Citrix Systems (CTXS) reported fiscal first quarter earnings on July 23. The company beat estimates on both the top and bottom line. The company reported earnings of $1.53 per share and that was considerably better than the $1.23 that was estimated.
The $1.23 mark was also what the company earned in the first quarter of last year. This means the company saw earnings grow by 24.4% compared to last year.
Revenue came in at $799 million and that was better than the $772 million reported for the same period of last year. It was also higher than the consensus estimate of $768.8 million.
Despite these impressive numbers, the stock dropped almost 13% on the day earnings were released and they have continued to move lower since then. At this point the stock is down 18.2% since reporting earnings.

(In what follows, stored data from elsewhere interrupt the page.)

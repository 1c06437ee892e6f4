-- ===== src/Session/UserManager/Examples.antt =====
-- Tests of UserManager.h's model.
use unreal5_gas.Base.{ℕ, zero, suc, ◌≡◌, refl, some, none, List, [], ◌∷◌, arith, get_elem?}
use unreal5_gas.Base.Dict.{find, insert, bytes_eq, bytes_eq_iff}
use unreal5_gas.Base.Int.{pos}
use unreal5_gas.Session.User.{User, new_user, set_login, none_state}
use unreal5_gas.Session.UserManager.{
  UserManager, IsCoherent, add_user, delete_user_info, get_user_by_conn_idx, find_user_index_by_id,
}
use unreal5_gas.Session.UserManager.Registry.{
  add_user-IsCoherent, delete_user_info-IsCoherent, add_user_taken,
}

abbrev name : List ℕ
name = 97 ∷ []

abbrev idle : UserManager
idle = record { max_user_cnt = 1; user_obj_pool = new_user ∷ []; user_id_dictionary = [] }

idle_user :
    (i : ℕ) (u : User) → get_elem? (new_user ∷ []) i ≡ some u → u.cur_domain_state ≡ none_state
unfolding new_user
idle_user zero u e = cc
idle_user (suc i) u e = cc

idle-IsCoherent : IsCoherent idle
unfolding find
idle-IsCoherent = record {
  entry_user = λ id i e. cc;
  user_entry = λ i u e h. absurd (h (idle_user i u e));
}

add_user-IsCoherent_example : (n : UserManager) × (add_user name 0 idle ≡ some n) × IsCoherent n
unfolding get_user_by_conn_idx new_user find
add_user-IsCoherent_example =
    add_user-IsCoherent name 0 idle new_user idle-IsCoherent refl refl refl

abbrev member : User
member = set_login name new_user

abbrev busy : UserManager
busy = record { max_user_cnt = 2; user_obj_pool = member ∷ []; user_id_dictionary = (name, 0) ∷ [] }

busy_entry :
    (i : ℕ) (u : User)
    → get_elem? (member ∷ []) i ≡ some u
    → find u.user_id ((name, 0) ∷ []) ≡ some i
unfolding set_login new_user find
busy_entry zero u e = ground (arith, bytes_eq_iff name u.user_id)
busy_entry (suc i) u e = cc

busy-IsCoherent : IsCoherent busy
unfolding find set_login
busy-IsCoherent = record {
  entry_user = λ id i e.
      (member, ground (arith, bytes_eq_iff name id), ground (arith, bytes_eq_iff name id), λ x. cc);
  user_entry = λ i u e h. busy_entry i u e;
}

delete_user_info-IsCoherent_example :
    IsCoherent (delete_user_info 0 member busy)
    × (find name (delete_user_info 0 member busy).user_id_dictionary ≡ none)
unfolding get_user_by_conn_idx set_login
delete_user_info-IsCoherent_example =
    delete_user_info-IsCoherent 0 busy member busy-IsCoherent refl (λ x. cc)

abbrev crowd : UserManager
crowd = record busy { user_obj_pool = member ∷ new_user ∷ [] }

abbrev doubled : UserManager
doubled = record busy { user_obj_pool = member ∷ member ∷ [] }

add_user_taken_example : (find_user_index_by_id doubled name ≡ pos 0) × ¬ IsCoherent doubled
unfolding get_user_by_conn_idx find add_user insert set_login bytes_eq
add_user_taken_example =
    add_user_taken name 1 0 crowd doubled new_user refl refl (λ e. omega arith) refl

For me it looks like the selling is overdone at this point and it appears that the stock is finding support around the $135 area. The daily chart shows that the stock found support just below that level back in May.
There were four different days where the stock traded below $135, but it didn’t close any of those days below that price.
The stock is flirting with the $135 level again and it is in oversold territory based on the daily stochastic readings. It is also entering oversold territory based on the weekly stochastic indicators. Looking at the stochastic indicators, we see this has been a rather prolonged period below the 20 level.
The indicators dropped below 30 back in December and then rallied sharply. They did it again at the end of February and proceeded to rally. Once again in May the indicators were below the 20 level before rallying.
Fundamentals better than average
From a fundamental perspective, Citrix Systems is in better shape than the average stock. The company has seen earnings grow by 11% per year over the last three years while revenue has increased by an average of 4% per year.
The company’s return on equity is incredibly high at 109.8% and the profit margin is above average at 29.2%. Of course those figures are backwards looking, but things could get even better for the company going forward. I say this because the products Citrix offers make it easier for people to work remotely.
Yet another factor that could help Citrix rally going forward is the sentiment. There are 15 analysts covering the stock at this time with eight “buy” ratings and seven “hold” ratings. That buy percentage is lower than the average stock and that leaves room for upgrades.
The short interest ratio on the stock is higher than average at 4.22 and that is also a sign of a more pessimistic view of the stock. The average short interest ratio is in the 3.0 range.
In order to take advantage of the rally that I see happening, I suggest using the December $130 strike calls. These options don’t expire until December 18 and that gives the trade time to play out — over four months. The options are trading for $16.60 at this time with the stock trading at $137.30.
I see the stock moving up to at least $160 again by December and that would make these options worth at least $30 on an intrinsic basis. If you look at the current price and they move up to $30, we are looking at a gain of 80.7%. To reach $160, the stock will need to rally 16.5%. I like the leverage offered by this trade — almost five to one.
I would recommend closing the trade down if the stock falls below the 200-day moving average which is at $128.80 currently.